Free objects are structures (of some type, they can be groups, monoids, vector spaces, algebras or other kind of things) which have a special subset of generators, called the free generators of the structure. Because the definition of generation depend on the type of structure we are considering, i.e. the category we are working with, also the property of being a free object is related to the category we are considering: for instance $\mathbb Z^2$ is a free abelian group but it isn't a free group.

In the algebraic context there's always an explicit way to describe such structures, namely as the quotient of the term algebras (for the given signature of your algebraic structure) by the relations/equations that the structure should satisfy.

Term algebras over a given set $S$ are simply symbolic combinations, i.e. strings, of elements of $S$ and some special symbols (called operation's symbols) build up according to some rules [of some grammar]. Free algebras are obtained simply identifying in term algebras some strings according to the relations that we want out structure satisfy. Clearly term algebras are free objects to, they are free objects in the category of those algebras having some type of operations which doesn't satisfy any equations.

The real cool feature of free objects is that given a set of free generators, we can extend (in a unique way) every map from the set of free generators to another structure (of the same type) to a morphism from the free object to the said structure. So to build up homomorphisms from free objects to other structures we just need to decide where to send the free generators.

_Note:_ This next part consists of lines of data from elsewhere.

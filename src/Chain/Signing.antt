-- ===== src/Chain/Signing.antt =====
-- chain/client.go: `buildAndSignTx` and `signTx`. The transaction builder, the sign bytes and the keys
-- are the Cosmos SDK's; what is relied on are the laws of `TxConfig`.
use chain_stresser.Common.{
  ℕ, ◌≡◌, refl, ◌∙◌, Bool, true, Option, none, some, List, [], ◌∷◌, Result, ok, err, ◌>>=◌, String,
}
use chain_stresser.Common.Bytes.{Bytes}
use chain_stresser.Payload.Bank.{Coin}

pub data SigningError : Type 0 where
  panics : SigningError
  failed_to_set_messages : SigningError
  failed_to_set_signatures : SigningError
  failed_to_sign : SigningError

-- `authsigning.SignerData`
pub record SignerData : Type 0 where
  pub chain_id : String
  pub account_number : ℕ
  pub sequence : ℕ

-- `signing.SignatureV2` in direct mode, with the signature of its data.
pub record Signature : Type 0 where
  pub pub_key : Bytes
  pub signature : Option Bytes
  pub sequence : ℕ

-- The signature that is set is the transaction's. It is not among the bytes that are signed, and a later one replaces
-- it; a key verifies what it has signed.
pub record TxConfig (Key M : Type 0) : Type 1 where
  pub Builder : Type 0
  pub new_tx_builder : Builder
  pub set_gas_limit : ℕ → Builder → Builder
  pub set_fee_amount : List Coin → Builder → Builder
  pub set_memo : Bytes → Builder → Builder
  pub set_msgs : List M → Builder → Option Builder
  pub set_signatures : Signature → Builder → Option Builder
  pub sign_bytes : SignerData → Builder → Option Bytes
  pub signature_in : Builder → Option Signature
  pub pub_key : Key → Bytes
  pub sign : Key → Bytes → Option Bytes
  pub verify : Bytes → Bytes → Bytes → Bool
  pub set_signatures-in :
      (s : Signature) (b b' : Builder) → set_signatures s b ≡ some b' → signature_in b' ≡ some s
  pub set_signatures-bytes :
      (sd : SignerData) (s : Signature) (b b' b'' : Builder) (sig : Bytes)
      → set_signatures s b ≡ some b'
      → set_signatures (record s { signature = some sig }) b' ≡ some b''
      → sign_bytes sd b'' ≡ sign_bytes sd b'
  pub verify-sign :
      (key : Key) (msg sig : Bytes) → sign key msg ≡ some sig → verify (pub_key key) msg sig ≡ true

abbrev or_error {ℓ} : {A : Type ℓ} → SigningError → Option A → Result SigningError A
or_error e none = err e
or_error e (some a) = ok a

module _ {Key M : Type 0} (config : TxConfig Key M) (chain_id : String) where
  open config use {
    Builder, new_tx_builder, set_gas_limit, set_fee_amount, set_memo, set_msgs, set_signatures,
    sign_bytes, pub_key, sign,
  }

  abbrev pub signer_data : ℕ → ℕ → SignerData
  signer_data number sequence = record {
    chain_id = chain_id;
    account_number = number;
    sequence = sequence;
  }

  abbrev pub signature_of : Key → ℕ → Option Bytes → Signature
  signature_of key sequence sig = record {
    pub_key = pub_key key;
    signature = sig;
    sequence = sequence;
  }

  -- `signTx`: the signature is set without its bytes first, so that the bytes to sign have the key.
  unfoldable pub sign_tx : Key → ℕ → ℕ → Builder → Result SigningError Builder
  sign_tx key number sequence b = do
    b' ← or_error failed_to_set_signatures (set_signatures (signature_of key sequence none) b)
    bytes_to_sign ← or_error panics (sign_bytes (signer_data number sequence) b')
    sig ← or_error failed_to_sign (sign key bytes_to_sign)
    or_error failed_to_set_signatures (set_signatures (signature_of key sequence (some sig)) b')

  abbrev pub with_memo : Bytes → Builder → Builder
  with_memo [] b = b
  with_memo (c ∷ s) b = set_memo (c ∷ s) b

  -- `buildAndSignTx`
  unfoldable pub build_and_sign :
      Key → ℕ → ℕ → List Coin → ℕ → Bytes → List M → Result SigningError Builder
  unfolding sign_tx
  build_and_sign key number sequence fee gas_limit memo msgs = do
    b ← or_error failed_to_set_messages (
        set_msgs msgs
          (with_memo memo (set_fee_amount fee (set_gas_limit gas_limit new_tx_builder))))
    sign_tx key number sequence b

  -- The builder takes the messages and any signature and has bytes to sign, and the key signs them.
  abbrev pub Accepts : Key → List M → Type 0
  Accepts key msgs =
      ((b : Builder) → (b' : Builder) × (set_msgs msgs b ≡ some b'))
      × ((s : Signature) (b : Builder) → (b' : Builder) × (set_signatures s b ≡ some b'))
      × ((sd : SignerData) (b : Builder) → (bytes : Bytes) × (sign_bytes sd b ≡ some bytes))
      × ((bytes : Bytes) → (sig : Bytes) × (sign key bytes ≡ some sig))

  -- When the builder takes the messages and any signature and has bytes to sign, and the key signs
  -- them, a transaction is built. Its signature has the sender's public key and the account's
  -- sequence, and its own sign bytes, for the chain and the account's number and sequence, verify
  -- against that signature under the sender's public key.
  pub build_and_sign-verifies :
      (key : Key) (number sequence : ℕ) (fee : List Coin) (gas_limit : ℕ) (memo : Bytes)
      (msgs : List M)
      → Accepts key msgs
      → (b : Builder) × (bytes : Bytes) × (sig : Bytes) × (build_and_sign key number sequence fee
            gas_limit memo msgs
          ≡ ok b)
        × (config.signature_in b
            ≡ some (record { pub_key = pub_key key; signature = some sig; sequence = sequence }))
        × (sign_bytes
              (record { chain_id = chain_id; account_number = number; sequence = sequence })
              b
            ≡ some bytes)
        × (config.verify (pub_key key) bytes sig ≡ true)
  unfolding build_and_sign sign_tx
  build_and_sign-verifies key number sequence fee gas_limit memo msgs
        (takes_msgs, takes_signature, has_bytes, signs) =
      let prepared = with_memo memo (set_fee_amount fee (set_gas_limit gas_limit new_tx_builder)) in
      let (b, e1) = takes_msgs prepared in
      let (b', e2) = takes_signature (signature_of key sequence none) b in
      let (bytes, e3) = has_bytes (signer_data number sequence) b' in
      let (sig, e4) = signs bytes in
      let (b'', e5) = takes_signature (signature_of key sequence (some sig)) b' in
      (
        b'',
        bytes,
        sig,
        rw (e1, e2, e3, e4, e5) refl,
        config.set_signatures-in (signature_of key sequence (some sig)) b' b'' e5,
        config.set_signatures-bytes (signer_data number sequence) (signature_of key sequence none) b
              b' b'' sig e2 e5
            ∙ e3,
        config.verify-sign key bytes sig e4,
      )
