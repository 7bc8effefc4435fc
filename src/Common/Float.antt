-- ===== src/Common/Float.antt =====
-- Go's float64 is taken as a parameter: its operations, and the IEEE 754 facts that are relied on.
-- A NaN is allowed: it is below nothing and equal to nothing.
use Prim.Native.Nat.{ℕ, ◌<◌}
use mathlib.Core.Path.{◌≡◌}
use mathlib.Core.Bool.{Bool, true, false}
use chain_stresser.Common.Int.{ℤ}

pub record Floats : Type 1 where
  pub Float : Type 0
  pub zero_f : Float
  pub of_u64 : ℕ → Float
  pub ltb_f : Float → Float → Bool
  pub leb_f : Float → Float → Bool
  pub eqb_f : Float → Float → Bool
  pub add_f : Float → Float → Float
  pub sub_f : Float → Float → Float
  pub mul_f : Float → Float → Float
  pub div_f : Float → Float → Float
  -- int(math.Ceil(x)) and uint64(x)
  pub ceil_int : Float → ℤ
  pub trunc_u64 : Float → ℕ
  pub ltb_f-asymm : (x y : Float) → ltb_f x y ≡ true → ltb_f y x ≡ false
  pub eqb_f-of_lt : (x y : Float) → ltb_f x y ≡ true → eqb_f y x ≡ false
  pub of_u64_pos : (n : ℕ) → 0 < n → ltb_f zero_f (of_u64 n) ≡ true
  pub leb_f-of_gt : (x y : Float) → ltb_f x y ≡ true → leb_f y x ≡ false
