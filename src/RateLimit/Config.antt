-- ===== src/RateLimit/Config.antt =====
-- pkg/ratelimit/config.go and errors.go.
use chain_stresser.Common.{
  ℕ, ◌*◌, ◌%◌, ◌^◌, Bool, not, ◌&&◌, ◌||◌, Option, none, some, ltb, ◌==◌, if◌then◌else◌,
}
use chain_stresser.Common.Int.{ℤ, pos, ltb_ℤ, to_int, max_int}
use chain_stresser.Common.Float.{Floats}

pub data Error : Type 0 where
  rate_must_be_positive burst_size_must_be_positive : Error
  at_least_one_rate_limit_required tx_per_second_must_be_positive : Error

pub record BurstConfig : Type 0 where
  pub size : ℤ

pub record Config (F : Type 0) : Type 0 where
  pub tx_per_second : F
  pub bytes_per_second : ℕ
  pub gas_per_second : ℕ
  pub burst : BurstConfig

abbrev pub default_burst_multiplier : ℕ
default_burst_multiplier = 1

module _ (fl : Floats) where
  open fl use {Float, zero_f, of_u64, ltb_f, eqb_f, mul_f, ceil_int}

  unfoldable pub is_enabled : Config Float → Bool
  is_enabled c = ltb_f zero_f c.tx_per_second || ltb 0 c.bytes_per_second || ltb 0 c.gas_per_second

  unfoldable pub validate : Config Float → Option Error
  unfolding is_enabled
  validate c =
      if not (is_enabled c)
      then none
      else if eqb_f c.tx_per_second zero_f && c.bytes_per_second == 0 && c.gas_per_second == 0
      then some at_least_one_rate_limit_required
      else if ltb_f c.tx_per_second zero_f
      then some tx_per_second_must_be_positive
      else none

  unfoldable pub has_tx_limit : Config Float → Bool
  unfolding is_enabled
  has_tx_limit c = is_enabled c && ltb_f zero_f c.tx_per_second

  unfoldable pub has_bytes_limit : Config Float → Bool
  unfolding is_enabled
  has_bytes_limit c = is_enabled c && ltb 0 c.bytes_per_second

  unfoldable pub has_gas_limit : Config Float → Bool
  unfolding is_enabled
  has_gas_limit c = is_enabled c && ltb 0 c.gas_per_second

  unfoldable pub get_bytes_rate : Config Float → Float
  get_bytes_rate c = of_u64 c.bytes_per_second

  unfoldable pub get_gas_rate : Config Float → Float
  get_gas_rate c = of_u64 c.gas_per_second

  unfoldable pub get_tps_burst_size : Config Float → ℤ
  get_tps_burst_size c =
      if ltb_ℤ (pos 0) c.burst.size
      then c.burst.size
      else let v = ceil_int (mul_f c.tx_per_second (of_u64 default_burst_multiplier)) in
        if ltb_ℤ v (pos 1) then pos 1 else v

-- The saturating cast of a rate, the common tail of the next two.
abbrev saturate : ℕ → ℤ
saturate b = if b == 0 then pos 1 else if ltb max_int b then pos max_int else to_int b

unfoldable pub get_bytes_burst_size : {F : Type 0} → Config F → ℤ
get_bytes_burst_size c =
    if ltb_ℤ (pos 0) c.burst.size
    then c.burst.size
    else saturate (c.bytes_per_second * default_burst_multiplier % 2 ^ 64)

unfoldable pub get_gas_burst_size : {F : Type 0} → Config F → ℤ
get_gas_burst_size c =
    if ltb_ℤ (pos 0) c.burst.size
    then c.burst.size
    else saturate (c.gas_per_second * default_burst_multiplier % 2 ^ 64)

That's the cool property the we always use in a theoretical context when dealing for instance with vector spaces, where to provide linear homomorphisms instead of providing an explicit function between vector spaces we simply provide a function from a basis of one vector space to (the underling set of) a vector space.

This property is the definition of free objects, I suppose that the problems you've found are due to the use of the categorical language, which is the right formalism in which express properties of this type.

I hope this answer help in clarifying wikipedia's definition of free object.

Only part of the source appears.